Wolves of Manhattan
Your decisions shape the fallout when a dead man isn't dead, a DA's secret is exposed, and two fixers—strangers bound by the same code—are forced to navigate a war between crime syndicates. One call started it. One lie escalated it. And one phrase echoes through every betrayal: 'You take a job, you give your word, and that word is the measure of a man.'I never believed in accidents. Not after the third body I cleaned up in Queens. So when the call came—DA’s room, dead kid, panic in her voice—I assumed it was another overdose. Clean, quiet, contained.
It wasn’t.
The kid wasn’t supposed to survive the fall through the glass cart. But he did. Barely. And now he’s in the trunk of my car, breathing, while another fixer—sent by the hotel’s owner—watches me like I’m the threat.

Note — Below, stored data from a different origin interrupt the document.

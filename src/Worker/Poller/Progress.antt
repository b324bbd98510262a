-- ===== src/Worker/Poller/Progress.antt =====
-- What services/worker/src/nebula_worker/poller.py makes of a delivery that it claims: it ends, or
-- waits for a bounded time.
use native.Mathlib.Numerals.{unary_clauses}
use vpn.Prelude.{
  ℕ, zero, suc, ◌+◌, ◌^◌, ◌≤◌, ◌≡◌, ◌∙◌, ap, refl, Bool, true, false, ◌||◌, some, contains, inl,
  inr, Bool-cases, arith, leb,
}
use vpn.Worker.Poller.{
  ResultCode, EmailDelivery, Outbox, ClaimedDelivery, Settings, ids, claim_of, leased,
}
use vpn.Worker.Poller.Delivery.{
  World, Payload, staged, unavailable, undecodable, SendResult, accepted, send_error, raised,
  finalized, is_known, is_unretryable, backoff_seconds, poll_once,
}
use vpn.Worker.Poller.Rows.{find, find_id, IsDistinct}
use vpn.Worker.Poller.Ends.{after_payload, after_send}
use vpn.Worker.Poller.Polls.{free_row, claimed_row, claims}
use vpn.Worker.Poller.Attempts.{is_waiting, poll_once-found}

pow_pos : (n : ℕ) → 1 ≤ 2 ^ n
pow_pos zero = omega arith
pow_pos (suc n) = simp unary_clauses (omega (arith, pow_pos n))

-- The pause before the next attempt is at least half a minute and at most an hour.
backoff_seconds-bounds : (n : ℕ) → (30 ≤ backoff_seconds n) × (backoff_seconds n ≤ 3600)
backoff_seconds-bounds n = (omega (arith, pow_pos n), omega arith)

abbrev pub is_raised : SendResult → Bool
is_raised (accepted m) = false
is_raised send_error = false
is_raised raised = true

-- One attempt more, and the next one, if any, after a bounded pause.
abbrev pub IsTried : ℕ → ℕ → EmailDelivery → Type 0
IsTried now attempts row =
    (row.attempt_count ≡ attempts + 1)
    × (is_waiting row ≡ true → (now + 30 ≤ row.available_at) × (row.available_at ≤ now + 3600))

-- Not the bytes that `raw.decode` refuses.
abbrev pub is_decoded : Payload → Bool
is_decoded staged = true
is_decoded unavailable = true
is_decoded undecodable = false

module _ (w : World) (s : Settings) (now : ℕ) where
  finalized-IsTried :
      (d : ClaimedDelivery) (code : ResultCode) (row : EmailDelivery)
      → IsTried now row.attempt_count (finalized s now d code row)
  finalized-IsTried d code row =
      let (least, most) = backoff_seconds-bounds d.attempt_count in
      elim (Bool-cases (leb s.max_attempts (d.attempt_count + 1) || is_unretryable code)) [
        | inl last ↦ rw last (refl, λ c. ground arith)
        | inr more ↦ rw more (refl, λ c. (omega (arith, least), omega (arith, most)))
      ]

  after_send-IsTried :
      (d : ClaimedDelivery) (r : SendResult) (row : EmailDelivery)
      → is_raised r ≡ false
      → IsTried now row.attempt_count (after_send s now d r row)
  after_send-IsTried d (accepted m) row h = (refl, λ c. ground arith)
  after_send-IsTried d send_error row h = finalized-IsTried d ResultCode.send_failed row
  after_send-IsTried d raised row h = ground arith

  after_payload-IsTried :
      (p : Payload) (d : ClaimedDelivery) (row : EmailDelivery)
      → is_decoded p ≡ true
      → is_raised (w.send d.id) ≡ false
      → IsTried now row.attempt_count (after_payload w s now p d row)
  after_payload-IsTried staged d row h r = elim (Bool-cases (is_known d.template_code)) [
    | inl known ↦ rw known (after_send-IsTried d (w.send d.id) row r)
    | inr unknown ↦ rw unknown (finalized-IsTried d ResultCode.unknown_template row)
  ]
  after_payload-IsTried unavailable d row h r =
      finalized-IsTried d ResultCode.payload_unavailable row
  after_payload-IsTried undecodable d row h r = ground arith

  free_row-id : (row : EmailDelivery) → (free_row w s now row).id ≡ row.id
  free_row-id row = ground arith

  -- A delivery that a poll claims, with a payload that is missing or can be decoded, a provider that
  -- answers and a database that commits, has one attempt more than after its lease was checked, and
  -- either has ended or waits between half a minute and an hour for the next one.
  pub poll_once-progress :
      (k : ℕ) (box : Outbox) (row : EmailDelivery)
      → IsDistinct (ids box.rows)
      → find k box.rows ≡ some row
      → contains k (claims w s now box) ≡ true
      → is_decoded (w.payload k) ≡ true
      → w.commits k ≡ true
      → is_raised (w.send k) ≡ false
      → (row' : EmailDelivery) × (find k (poll_once w s now box).0.rows ≡ some row')
        × IsTried now (free_row w s now row).attempt_count row'
  poll_once-progress k box row h e hit p c r =
      let free = free_row w s now row in
      let same : free.id ≡ k = free_row-id row ∙ find_id k box.rows e in
      let committed : w.commits free.id ≡ true = ap w.commits same ∙ c in
      (
        claimed_row w s now true free,
        poll_once-found w s now k box h e ∙ rw hit refl,
        rw committed (
            after_payload-IsTried (w.payload free.id) (claim_of free)
              (leased (now + s.lease_seconds) free) (ap (λ j. is_decoded (w.payload j)) same ∙ p)
              (ap (λ j. is_raised (w.send j)) same ∙ r)),
      )
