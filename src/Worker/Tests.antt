-- ===== src/Worker/Tests.antt =====
-- A small queue for services/worker/src/nebula_worker/poller.py, and the theorems about it.
use vpn.Prelude.{
  ℕ, ◌+◌, ◌≡◌, refl, true, false, Option, none, some, [], ◌∷◌, contains, arith, ◌==◌, if◌then◌else◌,
}
use vpn.Worker.Poller.{
  TemplateCode, EmailState, EmailDelivery, Outbox, Settings, ids, has_expired,
  reclaim_expired_leases, insert, by_available_at, selected, claim_batch,
}
use vpn.Worker.Poller.Delivery.{World, SendResult, staged, accepted, send_error, poll_once}
use vpn.Worker.Poller.Rows.{find, claim_ids, IsDistinct}
use vpn.Worker.Poller.Ends.{map_row}
use vpn.Worker.Poller.Claims.{claim_batch-disjoint}
use vpn.Worker.Poller.Polls.{free_row, claimed_row, claims, poll_once-row}
use vpn.Worker.Poller.Attempts.{IsWithin, poll_once-IsWithin, poll_once-held}
use vpn.Worker.Poller.Progress.{IsTried, poll_once-progress}

abbrev row : ℕ → EmailState → ℕ → Option ℕ → EmailDelivery
row id state attempt_count leased_until = record {
  id = id;
  template_code = TemplateCode.user_activation;
  recipient_address = 70 + id;
  state = state;
  attempt_count = attempt_count;
  available_at = 90 + id;
  leased_until = leased_until;
  sent_at = none;
  provider_message_id = none;
  result_code = none;
}

-- Two due, one whose lease has expired, one that was sent, and one that is not due yet.
abbrev box : Outbox
box = record {
  rows =
      row 3 EmailState.pending 0 none
      ∷ row 1 EmailState.pending 1 none
      ∷ row 2 EmailState.sending 2 (some 95)
      ∷ row 4 EmailState.sent 1 (some 80)
      ∷ row 20 EmailState.pending 0 none
      ∷ [];
  events = [];
}

abbrev settings : Settings
settings = record { lease_seconds = 60; batch_size = 2; max_attempts = 3 }

-- The provider takes delivery 1 and refuses every other.
abbrev send : ℕ → SendResult
send k = if k == 1 then accepted 500 else send_error

abbrev world : World
world = record { payload = λ k. staged; send = send; commits = λ k. true }

distinct : IsDistinct (ids box.rows)
distinct = (refl, (refl, (refl, (refl, (refl, tt)))))

claims_two : claims world settings 100 box ≡ 1 ∷ 3 ∷ []
unfolding reclaim_expired_leases selected by_available_at insert
claims_two = refl

poll_once-row_example :
    find 1 (poll_once world settings 100 box).0.rows
    ≡ map_row
        (λ r.
          claimed_row world settings 100
            (contains 1 (claims world settings 100 box))
            (free_row world settings 100 r))
        (find 1 box.rows)
poll_once-row_example = poll_once-row world settings 100 1 box distinct

poll_once-IsWithin_example :
    (row' : EmailDelivery) × (find 2 (poll_once world settings 100 box).0.rows ≡ some row')
    × IsWithin 3 row'
poll_once-IsWithin_example =
    poll_once-IsWithin world settings 100 2 box (row 2 EmailState.sending 2 (some 95)) distinct refl
      (omega arith, λ c. omega arith)

poll_once-held_example :
    (row' : EmailDelivery) × (find 2 (poll_once world settings 100 box).0.rows ≡ some row')
    × (has_expired 100 row' ≡ false)
poll_once-held_example =
    poll_once-held world settings 100 2 box (row 2 EmailState.sending 2 (some 95)) distinct refl

claims_three : contains 3 (claims world settings 100 box) ≡ true
unfolding reclaim_expired_leases selected by_available_at insert
claims_three = refl

poll_once-progress_example :
    (row' : EmailDelivery) × (find 3 (poll_once world settings 100 box).0.rows ≡ some row')
    × IsTried 100 0 row'
poll_once-progress_example =
    poll_once-progress world settings 100 3 box (row 3 EmailState.pending 0 none) distinct refl
      claims_three refl refl refl

claimed_one : contains 1 (claim_ids (claim_batch settings 100 box).1) ≡ true
unfolding claim_batch selected by_available_at insert
claimed_one = refl

claim_batch-disjoint_example :
    contains 1 (claim_ids (claim_batch settings 130 (claim_batch settings 100 box).0).1) ≡ false
claim_batch-disjoint_example =
    claim_batch-disjoint 1 settings settings 100 130 box distinct claimed_one
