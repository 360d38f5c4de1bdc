-- ===== src/Lib.antt =====
-- medea, a control plane for Talos Linux Kubernetes clusters.
--
-- A gRPC service (internal/server) writes the desired state of clusters, node pools, machines and
-- hosts, and rollout jobs, into a store (internal/store) that keeps protobuf records in a bbolt
-- file, gives every write a revision, and streams events to watchers. An executor
-- (internal/rollout/executor.go) polls the store for jobs of clusters with rollouts enabled and
-- drives each with a reconciler (internal/rollout/rollout.go), which upgrades a pool node by node,
-- or a cluster's Kubernetes, through the Talos and Kubernetes APIs, and records its progress in the
-- store, so that a restarted process resumes. Two more executors (internal/provision) bring up
-- machines: one scales pools to their replicas by staging the network boot of registered hosts, one
-- takes a new cluster through the phases of its bootstrap.
--
-- Prelude   byte strings, Boolean tests on the native ℕ, and the library's names; a Go string is a
--           list of bytes.
-- Error     Go's errors as data, and the code that returns them, with the state beside: what was
--           done before a failure stays done. Texts stay unrendered, and the text of a gRPC status
--           is left out.
-- Proto     the messages and enums of gen/medea/v1/medea.pb.go, field by field. A nil message is
--           `none`, an int64 that the code only compares is an ℕ, and an enum has no value without
--           a name.
-- Bolt      bbolt's buckets as an interface: get, put, delete and the entries in order, with the
--           laws that the store relies on; a put may fail. A cell is a record or a failed decoding.
--           Bolt/Memory is a bucket that is an association list.
-- Store     internal/store/store.go and watch.go. State holds BoltStore: the file's buckets, lastRev,
--           the observed caches and the subscribers. Write has putCAS and putLWW, whose bodies are
--           transactions that are rolled back on an error, and the Put methods; Delete and Read
--           have the rest. Watch has publish, Watch and snapshotEvents as single steps. The proofs:
--           Cas on one put, Slots and Teardown on which cells a deletion clears, Bodies and
--           Revisions on the counter, Reach on histories of calls and restarts, Frames on what a put
--           leaves as it was, Roundtrip on a put and the read after it,
--           Spec on the store as eight tables.
-- Talos     internal/talos/image.go: the installer image of a version; Tags has its laws.
-- Rollout   internal/rollout. World has the reconciler's interfaces TalosOps, KubeOps and K8sOps as
--           parties that may answer anything, and a log of the calls made to them. Node has
--           upgradeNode and finishUpgrade, Pool has ReconcilePool, K8s has ReconcileK8s, Executor
--           has RunOnce and runJob. The proofs: Calls and Waits on what an action may add to the
--           log, Prepared and Safety on what comes before an upgrade, Resume on a node found
--           mid-flight, Halting and Outcome on failures, Healthy and Confirmed on a wait that ends
--           well, Ending, Saved and Course on ReconcileK8s,
--           Budget on which nodes a pass takes down.
-- Server    internal/server/server.go. Service has rmw, mapErr and the state; before each call of the
--           store another user of it may act, from a list that the state holds. Reads, Writes, Jobs
--           and Hosts have the handlers. The proofs: Guards on CreateRollout.
-- Provision internal/provision. Site has the interfaces Provisioner, Resolver, KubeOps, BootstrapTalos
--           and BootstrapCreds, the Talos machinery library and the clock as parties that may answer
--           anything, and the log of calls. Config has config.go and schematic.go; Bootstrap has
--           bootstrap.go and bootstrap_executor.go; Hosts and Reconciler have reconciler.go;
--           Executor has executor.go. The proofs: Quiet on steps that do nothing to the store or the
--           log; Still, Phases and Trails on a bootstrap's phases; Ordered on its calls; Choices,
--           Counts, Deeds and Passes on a pass of the provisioning reconciler.
-- Matchbox  internal/provision/matchbox. Disk has the file system, the network and the JSON encoder with
--           what they document, Driver the operations; Keys, Files and Mirror have the proofs.
-- Creds     internal/creds. Interface has the interface Store and the table that it promises; FileStore
--           has creds.go, OnePassword and Migrate have onepassword.go, Sdk has onepassword_sdk.go. The
--           proofs: Steps and Filed on the file store, Copied on Migrate, Fields on an update.
-- Kube      internal/kube/client.go, the drain of a node: Drain has the operations, over client-go as a
--           party that may answer anything, with the log of requests; Rounds has the proof.
-- Refresh   internal/refresh/refresh.go, on the parties of Rollout.World; Evidence and Health
--           have its proof.
-- Seed      internal/seed/seed.go; Pools has its proof.
-- Auth      internal/auth/auth.go.
-- Triple    rules for what an action does to its state.
-- Examples  runs on concrete data.
--
-- Bounds. A revision is a uint64 and wraps at 2^64; theorems about it say how far the counter is
-- from there. waitHealthy polls while its context lasts: `wait_polls`, 120, is WaitTimeout (ten
-- minutes) over PollInterval (five seconds), their default values, and the context may be done at any poll before. rmw
-- tries twice, as the code does. Drain polls every drainPollInterval: its `rounds` are the polls that
-- its timeout has room for, and the context may be done after any round before. A subscriber's
-- buffer has 256 places.
--
-- Not modelled. The marshalling of protobuf: a cell holds the record, or the error of decoding it.
-- What a failed decoding leaves in the record, which machineState reads, is left out.
-- Export and Import. The goroutine under Watch and the context that ends it are steps here, and
-- their order is the caller's. A cancelled context inside a reconcile, and the executor's timer.
-- Two executors at work on one store. The handler Watch of the server, which copies events to a
-- stream. Times are numbers of nanoseconds, with the zone and the rounding of RFC 3339 left to the
-- site's `format_time` and `parse_time`. The HTTP request of a schematic's id. In
-- internal/kube the reads of nodes. internal/tlsgen, internal/delivery, the client of Talos,
-- the deadlines of calls to 1Password, and cmd/medea.
mod Prelude
pub mod Triple
pub mod Error
pub mod Proto
pub mod Bolt
pub mod Store
pub mod Talos
pub mod Rollout
pub mod Server
pub mod Auth
pub mod Creds
pub mod Kube
pub mod Refresh
pub mod Matchbox
pub mod Seed
pub mod Provision
mod Examples
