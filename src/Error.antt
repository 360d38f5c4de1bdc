-- ===== src/Error.antt =====
-- Go's `error` values, as data, and functions that return one beside a result or a new state.
use medea.Prelude.{◌≡◌, refl, String, Bytes, List, Bool, true, false, []}

-- google.golang.org/grpc/codes, those that the program raises.
pub data Code : Type 0 where
  invalid_argument not_found failed_precondition unimplemented aborted internal : Code
  unauthenticated : Code

-- `errorf` is fmt.Errorf, errors.New or a plain text, with the texts that it formats; `show` is a
-- text with another error's text at its end (%v), and `wrap` such an error that wraps (%w). The
-- texts stay unrendered. `status` is a gRPC status error, its text left out; `fault` is an error
-- that a library or a remote party returned.
pub data Error : Type 0 where
  conflict : Error
  status : Code → Error
  errorf : String → List Bytes → Error
  show : String → List Bytes → Error → Error
  wrap : String → List Bytes → Error → Error
  fault : Bytes → Error

-- A message that a record keeps is such a text.
abbrev pub Text : Type 0
Text = Error

abbrev pub no_text : Text
no_text = errorf "" []

pub data Result {ℓ} (A : Type ℓ) : Type ℓ where
  ok : A → Result A
  err : Error → Result A

-- The result is a value.
pub record Given {A : Type 0} (r : Result A) : Type 0 where
  pub value : A
  pub is : r ≡ ok value

unfoldable pub map_result {ℓ κ} : {A : Type ℓ} {B : Type κ} → (A → B) → Result A → Result B
map_result f (ok a) = ok (f a)
map_result f (err e) = err e

-- `a, err := m; if err != nil { return err }; f(a)`, where neither changes a state.
infixl 10 ◌and_then◌
unfoldable pub ◌and_then◌ {ℓ κ} : {A : Type ℓ} {B : Type κ} → Result A → (A → Result B) → Result B
ok a and_then f = f a
err e and_then f = err e

-- What a value that comes out says of the parts.
pub map_result_ok {ℓ κ} :
    {A : Type ℓ} {B : Type κ} (f : A → B) (r : Result A) {b : B}
    → map_result f r ≡ ok b
    → (a : A) × (r ≡ ok a) × (ok (f a) ≡ ok b)
unfolding map_result
map_result_ok f (ok a) h = (a, refl, h)
map_result_ok f (err e) h = cc

pub and_then_ok {ℓ κ} :
    {A : Type ℓ} {B : Type κ} (r : Result A) (f : A → Result B) {b : B}
    → (r and_then f) ≡ ok b
    → (a : A) × (r ≡ ok a) × (f a ≡ ok b)
unfolding ◌and_then◌
and_then_ok (ok a) f h = (a, refl, h)
and_then_ok (err e) f h = cc

-- errors.Is(err, ErrConflict)
unfoldable pub is_conflict : Error → Bool
is_conflict conflict = true
is_conflict (wrap f args e) = is_conflict e
is_conflict _ = false

-- status.FromError(err)
unfoldable pub is_status : Error → Bool
is_status (status c) = true
is_status (wrap f args e) = is_status e
is_status _ = false

-- Code that changes a state and may fail. What was done before the failure stays done.
abbrev pub Exec {ℓ} : Type ℓ → Type ℓ → Type ℓ
Exec S A = S → Result A × S

module _ {ℓ} {S A : Type ℓ} where
  abbrev pub return : A → Exec S A
  return a s = (ok a, s)

  abbrev pub raise : Error → Exec S A
  raise e s = (err e, s)

module _ {ℓ} {S A B : Type ℓ} where
  abbrev pub branch : Result A → (Error → Exec S B) → (A → Exec S B) → Exec S B
  branch (ok a) h f s = f a s
  branch (err e) h f s = h e s

  -- `a, err := m(); if err != nil { return h(err) }; f(a)`
  abbrev pub attempt : Exec S A → (Error → Exec S B) → (A → Exec S B) → Exec S B
  attempt m h f s = let (r, s') = m s in branch r h f s'

  infixl 10 ◌>>=◌ ◌>>◌
  -- `if err != nil { return err }`
  abbrev pub ◌>>=◌ : Exec S A → (A → Exec S B) → Exec S B
  m >>= f = attempt m raise f

  abbrev pub ◌>>◌ : Exec S A → Exec S B → Exec S B
  m >> n = attempt m raise (λ _. n)
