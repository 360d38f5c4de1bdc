-- ===== src/Auth.antt =====
-- internal/auth/auth.go: the bearer token of a request.
use medea.Prelude.{
  ℕ, Bytes, false, Option, none, some, List, [], ◌∷◌, ◌++◌, ◌≡◌, refl, ◌↔◌, ◌⊎◌, inl, inr, bytes,
  nat_eq, if◌then◌else◌, Bool-cases, arith,
}
use medea.Error.{status, unauthenticated, Result, ok, err, Exec, raise, attempt}

-- crypto/subtle's ConstantTimeCompare, and what it documents: it returns 1 if the two are equal.
pub record Subtle : Type 0 where
  pub constant_time_compare : Bytes → Bytes → ℕ
  pub equal : (a b : Bytes) → (constant_time_compare a b ≡ 1) ↔ (a ≡ b)

-- A request's metadata, if it has any, as the function md.Get: the values of a key.
abbrev pub Metadata : Type 0
Metadata = Option (Bytes → List Bytes)

abbrev pub header_authorization : Bytes
header_authorization = bytes "authorization"

module _ ⦃subtle : Subtle⦄ where
  unfoldable pub check_values : List Bytes → Bytes → Result (Unit {0})
  unfolding bytes
  check_values [] want = err (status unauthenticated)
  check_values (v ∷ vs) want =
      if nat_eq (subtle.constant_time_compare v (bytes "Bearer " ++ want)) 1
      then ok tt
      else err (status unauthenticated)

  unfoldable pub check : Metadata → Bytes → Result (Unit {0})
  unfolding check_values
  check none want = err (status unauthenticated)
  check (some get) want = check_values (get header_authorization) want

  -- UnaryInterceptor and StreamInterceptor: the handler runs on a request that passes.
  unfoldable pub intercept : {S A : Type 0} → Bytes → Metadata → Exec S A → Exec S A
  unfolding check
  intercept token md handler = attempt (λ s. (check md token, s)) raise (λ _. handler)

  -- The first value of the header is the token.
  abbrev pub Bears : Bytes → List Bytes → Type 0
  Bears token [] = ⊥
  Bears token (v ∷ vs) = v ≡ bytes "Bearer " ++ token

  abbrev pub Carries : Bytes → Metadata → Type 0
  Carries token none = ⊥
  Carries token (some get) = Bears token (get header_authorization)

  check_values-Bears :
      (vs : List Bytes) (want : Bytes)
      → ((check_values vs want ≡ ok tt) × Bears want vs)
        ⊎ ((check_values vs want ≡ err (status unauthenticated)) × (Bears want vs → ⊥))
  unfolding check_values
  check_values-Bears [] want = inr (refl, λ b. b)
  check_values-Bears (v ∷ vs) want =
      elim (Bool-cases (nat_eq (subtle.constant_time_compare v (bytes "Bearer " ++ want)) 1)) [
        | inl hit ↦
            inl (rw hit refl, (subtle.equal v (bytes "Bearer " ++ want)).0 (ground (arith, hit)))
        | inr miss ↦
            inr (rw miss refl, λ e. differs ((subtle.equal v (bytes "Bearer " ++ want)).1 e) miss)
      ]
    where
      differs : {n : ℕ} → n ≡ 1 → nat_eq n 1 ≡ false → ⊥
      differs {n} e m = ground arith

  -- Either the first authorization value of a request's metadata is Bearer and the token, and the
  -- intercepted call is the handler's own; or it is not, or is missing, and the call is refused as
  -- unauthenticated, with the handler not run.
  pub intercept_exact :
      {S A : Type 0} (token : Bytes) (md : Metadata) (handler : Exec S A) (s : S)
      → (Carries token md × (intercept token md handler s ≡ handler s))
        ⊎ ((Carries token md → ⊥)
            × (intercept token md handler s ≡ (err (status unauthenticated), s)))
  unfolding intercept check
  intercept_exact token none handler s = inr (λ c. c, refl)
  intercept_exact token (some get) handler s =
      elim (check_values-Bears (get header_authorization) token) [
        | inl (passed, bears) ↦ inl (bears, rw passed refl)
        | inr (refused, other) ↦ inr (other, rw refused refl)
      ]
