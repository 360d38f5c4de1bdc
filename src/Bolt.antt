-- ===== src/Bolt.antt =====
-- What the store uses of go.etcd.io/bbolt and of google.golang.org/protobuf: a bucket of records.
-- The library is not part of the repository, so it is an instance argument.
pub mod Memory
use medea.Prelude.{Bytes, Option, none, some, List, [], ◌∷◌, ◌≡◌, ◌==◌, if◌then◌else◌}
use medea.Error.{Result, ok}

-- The first cell with the key.
unfoldable pub find {ℓ} : {C : Type ℓ} → Bytes → List (Bytes × C) → Option C
find k [] = none
find k ((j, c) ∷ l) = if j == k then some c else find k l

-- A bucket holds a cell for each key: the record that the stored bytes decode to, or the decoding
-- error. `put` encodes and writes, and may refuse; so may `delete`. `entries` is ForEach.
pub record Bolt : Type 1 where
  pub Bucket : Type 0 → Type 0
  pub empty : {V : Type 0} → Bucket V
  pub get : {V : Type 0} → Bucket V → Bytes → Option (Result V)
  pub put : {V : Type 0} → Bucket V → Bytes → V → Result (Bucket V)
  pub delete : {V : Type 0} → Bucket V → Bytes → Result (Bucket V)
  pub entries : {V : Type 0} → Bucket V → List (Bytes × Result V)
  pub get-empty : {V : Type 0} (k : Bytes) → get (empty {V = V}) k ≡ none
  pub get-put :
      {V : Type 0} (b b' : Bucket V) (k j : Bytes) (v : V)
      → put b k v ≡ ok b'
      → get b' j ≡ (if k == j then some (ok v) else get b j)
  pub get-delete :
      {V : Type 0} (b b' : Bucket V) (k j : Bytes)
      → delete b k ≡ ok b'
      → get b' j ≡ (if k == j then none else get b j)
  pub get-entries : {V : Type 0} (b : Bucket V) (k : Bytes) → find k (entries b) ≡ get b k

abbrev pub Bucket : ⦃bolt : Bolt⦄ → Type 0 → Type 0
Bucket ⦃bolt⦄ = bolt.Bucket
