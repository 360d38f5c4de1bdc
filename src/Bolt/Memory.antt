-- ===== src/Bolt/Memory.antt =====
-- A bucket in memory, an instance of the interface on which the examples run.
use medea.Prelude.{Bytes, none, some, List, [], ◌∷◌, ◌≡◌, refl, ◌==◌, if◌then◌else◌, arith, eq_iff}
use medea.Error.{Result, ok}
use medea.Bolt.{Bolt, find}

abbrev pub Cells : Type 0 → Type 0
Cells V = List (Bytes × Result V)

abbrev pub without : {V : Type 0} → Bytes → Cells V → Cells V
without k [] = []
without k ((j, c) ∷ l) = let rest = without k l in if j == k then rest else (j, c) ∷ rest

find-without :
    {V : Type 0} (k j : Bytes) (l : Cells V)
    → find j (without k l) ≡ (if k == j then none else find j l)
unfolding find
find-without k j [] = ground arith
find-without k j ((i, c) ∷ l) =
    ground (arith, find-without k j l, eq_iff i k, eq_iff i j, eq_iff k j)

pub find-put :
    {V : Type 0} (b b' : Cells V) (k j : Bytes) (v : V)
    → ok ((k, ok v) ∷ without k b) ≡ ok b'
    → find j b' ≡ (if k == j then some (ok v) else find j b)
unfolding find
find-put b b' k j v h = ground (arith, find-without k j b)

pub find-delete :
    {V : Type 0} (b b' : Cells V) (k j : Bytes)
    → ok (without k b) ≡ ok b'
    → find j b' ≡ (if k == j then none else find j b)
find-delete b b' k j h = ground (arith, find-without k j b)

pub find-none : {V : Type 0} (k : Bytes) → find {C = Result V} k [] ≡ none
unfolding find
find-none k = refl

instance abbrev pub memory : Bolt
memory = record {
  Bucket = Cells;
  empty = [];
  get = λ b k. find k b;
  put = λ b k v. ok ((k, ok v) ∷ without k b);
  delete = λ b k. ok (without k b);
  entries = λ b. b;
  get-empty = find-none;
  get-put = find-put;
  get-delete = find-delete;
  get-entries = λ b k. refl;
}
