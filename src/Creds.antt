-- ===== src/Creds.antt =====
-- internal/creds: the credentials of the managed clusters, in files or in a 1Password vault.
pub mod Interface
pub mod Steps
pub mod FileStore
pub mod Filed
pub mod OnePassword
pub mod Sdk
pub mod Fields
pub mod Migrate
pub mod Copied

We’re not supposed to meet. Not ever. But here we are, standing over a crime that isn’t what it seems, with Albanian drugs in a duffel bag and a DA who doesn’t know how deep the hole goes.
Pam’s voice crackles over his earpiece: 'You take a job, you give your word, and that word is the measure of a man.'
Same phrase she gave me.
Same phrase.
He looks at me, cold and assessing. 'We work together. Or we both end up dead.'
I nod. But I’m already wondering—what if this was the plan all along?